(Record excerpts Opens)

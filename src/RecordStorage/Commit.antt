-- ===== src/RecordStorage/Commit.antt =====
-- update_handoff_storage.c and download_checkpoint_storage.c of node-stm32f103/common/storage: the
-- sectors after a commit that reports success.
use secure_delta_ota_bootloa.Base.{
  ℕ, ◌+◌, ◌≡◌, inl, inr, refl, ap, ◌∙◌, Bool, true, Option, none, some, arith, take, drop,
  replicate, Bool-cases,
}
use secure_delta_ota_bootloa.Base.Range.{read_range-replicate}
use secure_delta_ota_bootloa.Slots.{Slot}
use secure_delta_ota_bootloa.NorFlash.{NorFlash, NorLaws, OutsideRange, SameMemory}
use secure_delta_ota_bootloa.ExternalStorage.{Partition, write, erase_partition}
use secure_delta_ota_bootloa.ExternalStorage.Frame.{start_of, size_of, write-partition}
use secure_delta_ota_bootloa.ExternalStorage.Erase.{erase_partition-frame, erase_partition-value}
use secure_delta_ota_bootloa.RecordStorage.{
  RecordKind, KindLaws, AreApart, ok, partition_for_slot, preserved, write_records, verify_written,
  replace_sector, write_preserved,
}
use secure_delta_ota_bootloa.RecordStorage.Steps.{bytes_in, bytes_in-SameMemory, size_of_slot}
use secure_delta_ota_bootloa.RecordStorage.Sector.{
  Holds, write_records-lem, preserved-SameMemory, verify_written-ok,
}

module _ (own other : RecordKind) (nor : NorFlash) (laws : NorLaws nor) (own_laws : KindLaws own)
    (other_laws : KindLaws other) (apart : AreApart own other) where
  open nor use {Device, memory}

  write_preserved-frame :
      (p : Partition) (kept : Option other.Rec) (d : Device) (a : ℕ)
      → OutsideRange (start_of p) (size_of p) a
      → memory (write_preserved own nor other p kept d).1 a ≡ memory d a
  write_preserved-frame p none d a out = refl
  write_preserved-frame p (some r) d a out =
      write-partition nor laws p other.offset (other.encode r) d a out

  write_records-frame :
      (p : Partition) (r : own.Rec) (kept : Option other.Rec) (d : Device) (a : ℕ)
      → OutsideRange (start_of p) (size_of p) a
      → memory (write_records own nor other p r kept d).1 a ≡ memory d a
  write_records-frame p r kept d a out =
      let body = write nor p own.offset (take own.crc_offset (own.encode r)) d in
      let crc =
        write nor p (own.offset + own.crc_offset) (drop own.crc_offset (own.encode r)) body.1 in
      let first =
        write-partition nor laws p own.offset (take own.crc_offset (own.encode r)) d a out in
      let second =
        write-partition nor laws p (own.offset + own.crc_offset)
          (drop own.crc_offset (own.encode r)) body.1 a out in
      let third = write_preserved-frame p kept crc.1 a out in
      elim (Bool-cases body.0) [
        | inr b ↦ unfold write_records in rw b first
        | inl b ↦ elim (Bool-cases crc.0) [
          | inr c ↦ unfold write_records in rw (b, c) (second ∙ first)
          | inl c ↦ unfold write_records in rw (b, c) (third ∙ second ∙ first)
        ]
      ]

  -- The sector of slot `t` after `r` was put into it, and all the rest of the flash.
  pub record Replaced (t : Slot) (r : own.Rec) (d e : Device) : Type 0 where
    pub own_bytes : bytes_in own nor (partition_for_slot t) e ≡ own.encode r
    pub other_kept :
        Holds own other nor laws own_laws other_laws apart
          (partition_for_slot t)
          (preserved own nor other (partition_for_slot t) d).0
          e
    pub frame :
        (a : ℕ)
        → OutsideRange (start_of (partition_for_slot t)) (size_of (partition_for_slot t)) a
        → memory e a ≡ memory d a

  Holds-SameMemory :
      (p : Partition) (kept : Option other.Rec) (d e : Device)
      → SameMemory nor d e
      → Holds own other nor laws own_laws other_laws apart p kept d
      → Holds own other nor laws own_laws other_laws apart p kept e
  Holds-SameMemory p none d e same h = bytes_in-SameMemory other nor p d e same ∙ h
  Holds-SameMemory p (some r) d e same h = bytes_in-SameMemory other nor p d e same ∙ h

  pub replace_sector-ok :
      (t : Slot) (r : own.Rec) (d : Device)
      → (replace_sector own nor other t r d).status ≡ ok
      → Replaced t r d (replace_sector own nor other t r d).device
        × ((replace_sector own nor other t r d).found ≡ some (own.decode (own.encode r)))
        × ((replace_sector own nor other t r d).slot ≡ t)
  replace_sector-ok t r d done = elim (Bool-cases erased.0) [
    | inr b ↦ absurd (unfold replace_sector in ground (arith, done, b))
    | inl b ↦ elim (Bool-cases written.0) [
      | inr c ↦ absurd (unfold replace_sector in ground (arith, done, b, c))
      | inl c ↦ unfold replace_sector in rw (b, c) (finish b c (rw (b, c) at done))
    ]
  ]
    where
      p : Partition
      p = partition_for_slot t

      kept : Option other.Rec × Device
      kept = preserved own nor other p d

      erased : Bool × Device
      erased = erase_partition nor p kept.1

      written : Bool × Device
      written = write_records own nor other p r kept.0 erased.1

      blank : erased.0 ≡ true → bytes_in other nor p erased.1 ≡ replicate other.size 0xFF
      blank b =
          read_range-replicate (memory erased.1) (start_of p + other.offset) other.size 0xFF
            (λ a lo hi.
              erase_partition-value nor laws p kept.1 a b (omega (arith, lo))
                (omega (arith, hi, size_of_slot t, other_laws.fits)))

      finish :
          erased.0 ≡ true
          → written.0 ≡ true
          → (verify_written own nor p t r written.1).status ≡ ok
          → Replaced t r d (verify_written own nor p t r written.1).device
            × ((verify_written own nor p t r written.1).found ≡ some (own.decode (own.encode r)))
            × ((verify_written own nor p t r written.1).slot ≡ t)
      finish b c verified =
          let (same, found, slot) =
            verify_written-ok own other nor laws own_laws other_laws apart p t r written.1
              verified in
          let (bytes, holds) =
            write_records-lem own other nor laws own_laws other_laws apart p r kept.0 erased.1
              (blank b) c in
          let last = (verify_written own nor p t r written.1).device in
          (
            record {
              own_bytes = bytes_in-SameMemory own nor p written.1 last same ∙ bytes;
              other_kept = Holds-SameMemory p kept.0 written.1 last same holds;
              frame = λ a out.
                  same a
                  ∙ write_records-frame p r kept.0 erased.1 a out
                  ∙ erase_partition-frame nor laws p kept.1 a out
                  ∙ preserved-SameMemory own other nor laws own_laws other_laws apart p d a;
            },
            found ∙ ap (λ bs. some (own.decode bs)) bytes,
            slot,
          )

(Record excerpts Closes)

▶ [About this task]: Copy out each record exactly as given, omitting none.

▶ [Solution]:
filename src/RecordStorage/Commit.antt
-- ===== src/RecordStorage/Commit.antt =====
-- update_handoff_storage.c and download_checkpoint_storage.c of node-stm32f103/common/storage: the
-- sectors after a commit that reports success.
use secure_delta_ota_bootloa.Base.{
  ℕ, ◌+◌, ◌≡◌, inl, inr, refl, ap, ◌∙◌, Bool, true, Option, none, some, arith, take, drop,
  replicate, Bool-cases,
}
use secure_delta_ota_bootloa.Base.Range.{read_range-replicate}
use secure_delta_ota_bootloa.Slots.{Slot}
use secure_delta_ota_bootloa.NorFlash.{NorFlash, NorLaws, OutsideRange, SameMemory}
use secure_delta_ota_bootloa.ExternalStorage.{Partition, write, erase_partition}
use secure_delta_ota_bootloa.ExternalStorage.Frame.{start_of, size_of, write-partition}
use secure_delta_ota_bootloa.ExternalStorage.Erase.{erase_partition-frame, erase_partition-value}
use secure_delta_ota_bootloa.RecordStorage.{
  RecordKind, KindLaws, AreApart, ok, partition_for_slot, preserved, write_records, verify_written,
  replace_sector, write_preserved,
}
use secure_delta_ota_bootloa.RecordStorage.Steps.{bytes_in, bytes_in-SameMemory, size_of_slot}
use secure_delta_ota_bootloa.RecordStorage.Sector.{
  Holds, write_records-lem, preserved-SameMemory, verify_written-ok,
}

module _ (own other : RecordKind) (nor : NorFlash) (laws : NorLaws nor) (own_laws : KindLaws own)
    (other_laws : KindLaws other) (apart : AreApart own other) where
  open nor use {Device, memory}

  write_preserved-frame :
      (p : Partition) (kept : Option other.Rec) (d : Device) (a : ℕ)
      → OutsideRange (start_of p) (size_of p) a
      → memory (write_preserved own nor other p kept d).1 a ≡ memory d a
  write_preserved-frame p none d a out = refl
  write_preserved-frame p (some r) d a out =
      write-partition nor laws p other.offset (other.encode r) d a out

  write_records-frame :
      (p : Partition) (r : own.Rec) (kept : Option other.Rec) (d : Device) (a : ℕ)
      → OutsideRange (start_of p) (size_of p) a
      → memory (write_records own nor other p r kept d).1 a ≡ memory d a
  write_records-frame p r kept d a out =
      let body = write nor p own.offset (take own.crc_offset (own.encode r)) d in
      let crc =
        write nor p (own.offset + own.crc_offset) (drop own.crc_offset (own.encode r)) body.1 in
      let first =
        write-partition nor laws p own.offset (take own.crc_offset (own.encode r)) d a out in
      let second =
        write-partition nor laws p (own.offset + own.crc_offset)
          (drop own.crc_offset (own.encode r)) body.1 a out in
      let third = write_preserved-frame p kept crc.1 a out in
      elim (Bool-cases body.0) [
        | inr b ↦ unfold write_records in rw b first
        | inl b ↦ elim (Bool-cases crc.0) [
          | inr c ↦ unfold write_records in rw (b, c) (second ∙ first)
          | inl c ↦ unfold write_records in rw (b, c) (third ∙ second ∙ first)
        ]
      ]

  -- The sector of slot `t` after `r` was put into it, and all the rest of the flash.
  pub record Replaced (t : Slot) (r : own.Rec) (d e : Device) : Type 0 where
    pub own_bytes : bytes_in own nor (partition_for_slot t) e ≡ own.encode r
    pub other_kept :
        Holds own other nor laws own_laws other_laws apart
          (partition_for_slot t)
          (preserved own nor other (partition_for_slot t) d).0
          e
    pub frame :
        (a : ℕ)
        → OutsideRange (start_of (partition_for_slot t)) (size_of (partition_for_slot t)) a
        → memory e a ≡ memory d a

  Holds-SameMemory :
      (p : Partition) (kept : Option other.Rec) (d e : Device)
      → SameMemory nor d e
      → Holds own other nor laws own_laws other_laws apart p kept d
      → Holds own other nor laws own_laws other_laws apart p kept e
  Holds-SameMemory p none d e same h = bytes_in-SameMemory other nor p d e same ∙ h
  Holds-SameMemory p (some r) d e same h = bytes_in-SameMemory other nor p d e same ∙ h

  pub replace_sector-ok :
      (t : Slot) (r : own.Rec) (d : Device)
      → (replace_sector own nor other t r d).status ≡ ok
      → Replaced t r d (replace_sector own nor other t r d).device
        × ((replace_sector own nor other t r d).found ≡ some (own.decode (own.encode r)))
        × ((replace_sector own nor other t r d).slot ≡ t)
  replace_sector-ok t r d done = elim (Bool-cases erased.0) [
    | inr b ↦ absurd (unfold replace_sector in ground (arith, done, b))
    | inl b ↦ elim (Bool-cases written.0) [
      | inr c ↦ absurd (unfold replace_sector in ground (arith, done, b, c))
      | inl c ↦ unfold replace_sector in rw (b, c) (finish b c (rw (b, c) at done))
    ]
  ]
    where
      p : Partition
      p = partition_for_slot t

      kept : Option other.Rec × Device
      kept = preserved own nor other p d

      erased : Bool × Device
      erased = erase_partition nor p kept.1

      written : Bool × Device
      written = write_records own nor other p r kept.0 erased.1

      blank : erased.0 ≡ true → bytes_in other nor p erased.1 ≡ replicate other.size 0xFF
      blank b =
          read_range-replicate (memory erased.1) (start_of p + other.offset) other.size 0xFF
            (λ a lo hi.
              erase_partition-value nor laws p kept.1 a b (omega (arith, lo))
                (omega (arith, hi, size_of_slot t, other_laws.fits)))

      finish :
          erased.0 ≡ true
          → written.0 ≡ true
          → (verify_written own nor p t r written.1).status ≡ ok
          → Replaced t r d (verify_written own nor p t r written.1).device
            × ((verify_written own nor p t r written.1).found ≡ some (own.decode (own.encode r)))
            × ((verify_written own nor p t r written.1).slot ≡ t)
      finish b c verified =
          let (same, found, slot) =
            verify_written-ok own other nor laws own_laws other_laws apart p t r written.1
              verified in
          let (bytes, holds) =
            write_records-lem own other nor laws own_laws other_laws apart p r kept.0 erased.1
              (blank b) c in
          let last = (verify_written own nor p t r written.1).device in
          (
            record {
              own_bytes = bytes_in-SameMemory own nor p written.1 last same ∙ bytes;
              other_kept = Holds-SameMemory p kept.0 written.1 last same holds;
              frame = λ a out.
                  same a
                  ∙ write_records-frame p r kept.0 erased.1 a out
                  ∙ erase_partition-frame nor laws p kept.1 a out
                  ∙ preserved-SameMemory own other nor laws own_laws other_laws apart p d a;
            },
            found ∙ ap (λ bs. some (own.decode bs)) bytes,
            slot,
          )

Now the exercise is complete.